- Work to complete -
Return, exactly and in full, the lines of the records below starting at the one with "A) → Image → Roi → ImageResult A" and ending at the one with "unfoldable pub new_frame", and no other lines.

(Stored items)
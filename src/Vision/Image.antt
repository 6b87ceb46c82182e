-- ===== src/Vision/Image.antt =====
-- image.rs: regions, the layout of an image and its rows.
pub mod Rows
mod Tests
use easycon_sdk.Common.{
  ℕ, zero, suc, ◌+◌, ◌*◌, ◌^◌, ltb, leb, ◌==◌, ◌||◌, Bool, true, false, Option, none, some, List,
  [], ◌∷◌, length, take, drop, if◌then◌else◌, checked_add,
}
use easycon_sdk.Vision.{
  invalid_argument_kind, out_of_range, overflow, ImageResult, ok_image, err_image, fail_image,
}

pub data PixelFormat : Type 0 where
  bgr8 bgra8 gray8 : PixelFormat

abbrev pub channels : PixelFormat → ℕ
channels bgr8 = 3
channels bgra8 = 4
channels gray8 = 1

pub record VisionLimits : Type 0 where
  pub max_encoded_bytes : ℕ
  pub max_width : ℕ
  pub max_height : ℕ
  pub max_pixels : ℕ
  pub max_decoded_bytes : ℕ
  pub max_stride : ℕ

pub record Roi : Type 0 where
  pub x : ℕ
  pub y : ℕ
  pub width : ℕ
  pub height : ℕ

-- `checked_add` of a u32, and `checked_mul` of a u64 or a usize.
abbrev pub checked_add_u32 : ℕ → ℕ → Option ℕ
checked_add_u32 a b = if ltb (a + b) (2 ^ 32) then some (a + b) else none

abbrev pub checked_mul : ℕ → ℕ → Option ℕ
checked_mul a b = if ltb (a * b) (2 ^ 64) then some (a * b) else none

-- `ok_or_else(…)?`.
abbrev pub ok_or : {A B : Type 0} → Option A → ImageResult B → (A → ImageResult B) → ImageResult B
ok_or none failure next = failure
ok_or (some a) failure next = next a

abbrev pub and_then : {A B : Type 0} → Option A → (A → Option B) → Option B
and_then none f = none
and_then (some a) f = f a

-- `Roi::new`.
unfoldable pub new_roi : ℕ → ℕ → ℕ → ℕ → ImageResult Roi
new_roi x y width height =
    if width == 0 || height == 0
    then fail_image invalid_argument_kind "ROI dimensions must be non-zero"
    else ok_or (and_then (checked_add_u32 x width) (λ right. checked_add_u32 y height))
        (fail_image overflow "ROI bounds overflow")
        (λ bottom. ok_image (record { x = x; y = y; width = width; height = height }))

abbrev within_limits :
    ℕ → ℕ → ℕ → VisionLimits → (required : ℕ) → (row_bytes : ℕ) → ImageResult (Unit {0})
within_limits len pixels stride limits required row_bytes =
    if ltb limits.max_pixels pixels
      || ltb limits.max_stride stride
      || ltb limits.max_decoded_bytes len
    then fail_image out_of_range "image layout exceeds limits"
    else if ltb stride row_bytes || ltb len required
    then fail_image invalid_argument_kind "image buffer is shorter than its layout"
    else ok_image tt

-- On a target of 64 bits a u32 always fits a usize.
unfoldable pub validate_layout :
    (length : ℕ)
    → (width : ℕ) → (height : ℕ) → (stride : ℕ) → PixelFormat
    → VisionLimits
    → ImageResult (Unit {0})
validate_layout len width height stride format limits =
    if width == 0 || height == 0
    then fail_image invalid_argument_kind "image dimensions must be non-zero"
    else if ltb limits.max_width width || ltb limits.max_height height
    then fail_image out_of_range "image dimensions exceed limits"
    else ok_or (checked_mul width height) (fail_image overflow "pixel count overflows") (λ pixels.
      ok_or (checked_mul width (channels format)) (fail_image overflow "row bytes overflow")
        (λ row_bytes.
          ok_or (checked_mul stride height) (fail_image overflow "buffer length overflows")
            (λ required. within_limits len pixels stride limits required row_bytes)))

pub record Image : Type 0 where
  pub pixels : List ℕ
  pub width : ℕ
  pub height : ℕ
  pub stride : ℕ
  pub format : PixelFormat

abbrev and_image : ImageResult (Unit {0}) → Image → ImageResult Image
and_image (ok_image x) image = ok_image image
and_image (err_image e) image = err_image e

-- `Image::new`.
unfoldable pub new_image :
    List ℕ
    → (width : ℕ) → (height : ℕ) → (stride : ℕ) → PixelFormat
    → VisionLimits
    → ImageResult Image
unfolding validate_layout
new_image pixels width height stride format limits =
    and_image (validate_layout (length pixels) width height stride format limits)
      (record { pixels = pixels; width = width; height = height; stride = stride; format = format })

unfoldable pub validate_encoded_size : (encoded_bytes : ℕ) → VisionLimits → ImageResult (Unit {0})
validate_encoded_size encoded_bytes limits =
    if ltb limits.max_encoded_bytes encoded_bytes
    then fail_image out_of_range "encoded image exceeds limits"
    else ok_image tt

-- `pixels.get(start..end)`, with `count` the length of the range.
abbrev pub get_range : List ℕ → (start : ℕ) → (count : ℕ) → (end : ℕ) → Option (List ℕ)
get_range pixels start count end =
    if leb end (length pixels) then some (take count (drop start pixels)) else none

unfoldable pub row : Image → ℕ → Option (List ℕ)
row image index =
    if leb image.height index
    then none
    else and_then (checked_mul image.width (channels image.format)) (λ row_bytes.
      and_then (checked_mul index image.stride) (λ start.
        and_then (checked_add start row_bytes) (λ end. get_range image.pixels start row_bytes end)))

-- `rows`, from row `index` on; `none` is its panic.
unfoldable pub rows_from : Image → (index : ℕ) → (count : ℕ) → Option (List (List ℕ))
unfolding row
rows_from image index zero = some []
rows_from image index (suc count) =
    and_then (row image index)
      (λ first. and_then (rows_from image (index + 1) count) (λ rest. some (first ∷ rest)))

unfoldable pub rows : Image → Option (List (List ℕ))
unfolding rows_from
rows image = rows_from image 0 image.height

-- `crop_direct`; `native` is the native library's crop.
unfoldable pub crop_direct :
    {A : Type 0} → (Image → Roi → ImageResult A) → Image → Roi → ImageResult A
crop_direct native image roi =
    ok_or (checked_add_u32 roi.x roi.width) (fail_image overflow "ROI right overflows") (λ right.
      ok_or (checked_add_u32 roi.y roi.height) (fail_image overflow "ROI bottom overflows")
        (λ bottom.
          if ltb image.width right || ltb image.height bottom
          then fail_image out_of_range "ROI is outside the image"
          else native image roi))

pub record Frame : Type 0 where
  pub image : Image
  pub sequence : ℕ
  pub timestamp_ns : ℕ

-- `Frame::new`.
unfoldable pub new_frame : Image → ℕ → ℕ → ImageResult Frame
new_frame image sequence timestamp_ns =
    if sequence == 0
    then fail_image invalid_argument_kind "frame sequence must be non-zero"
    else ok_image (record { image = image; sequence = sequence; timestamp_ns = timestamp_ns })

- Answer for this exercise -
    {A : Type 0} → (Image → Roi → ImageResult A) → Image → Roi → ImageResult A
crop_direct native image roi =
    ok_or (checked_add_u32 roi.x roi.width) (fail_image overflow "ROI right overflows") (λ right.
      ok_or (checked_add_u32 roi.y roi.height) (fail_image overflow "ROI bottom overflows")
        (λ bottom.
          if ltb image.width right || ltb image.height bottom
          then fail_image out_of_range "ROI is outside the image"
          else native image roi))

pub record Frame : Type 0 where
  pub image : Image
  pub sequence : ℕ
  pub timestamp_ns : ℕ

-- `Frame::new`.
unfoldable pub new_frame : Image → ℕ → ℕ → ImageResult Frame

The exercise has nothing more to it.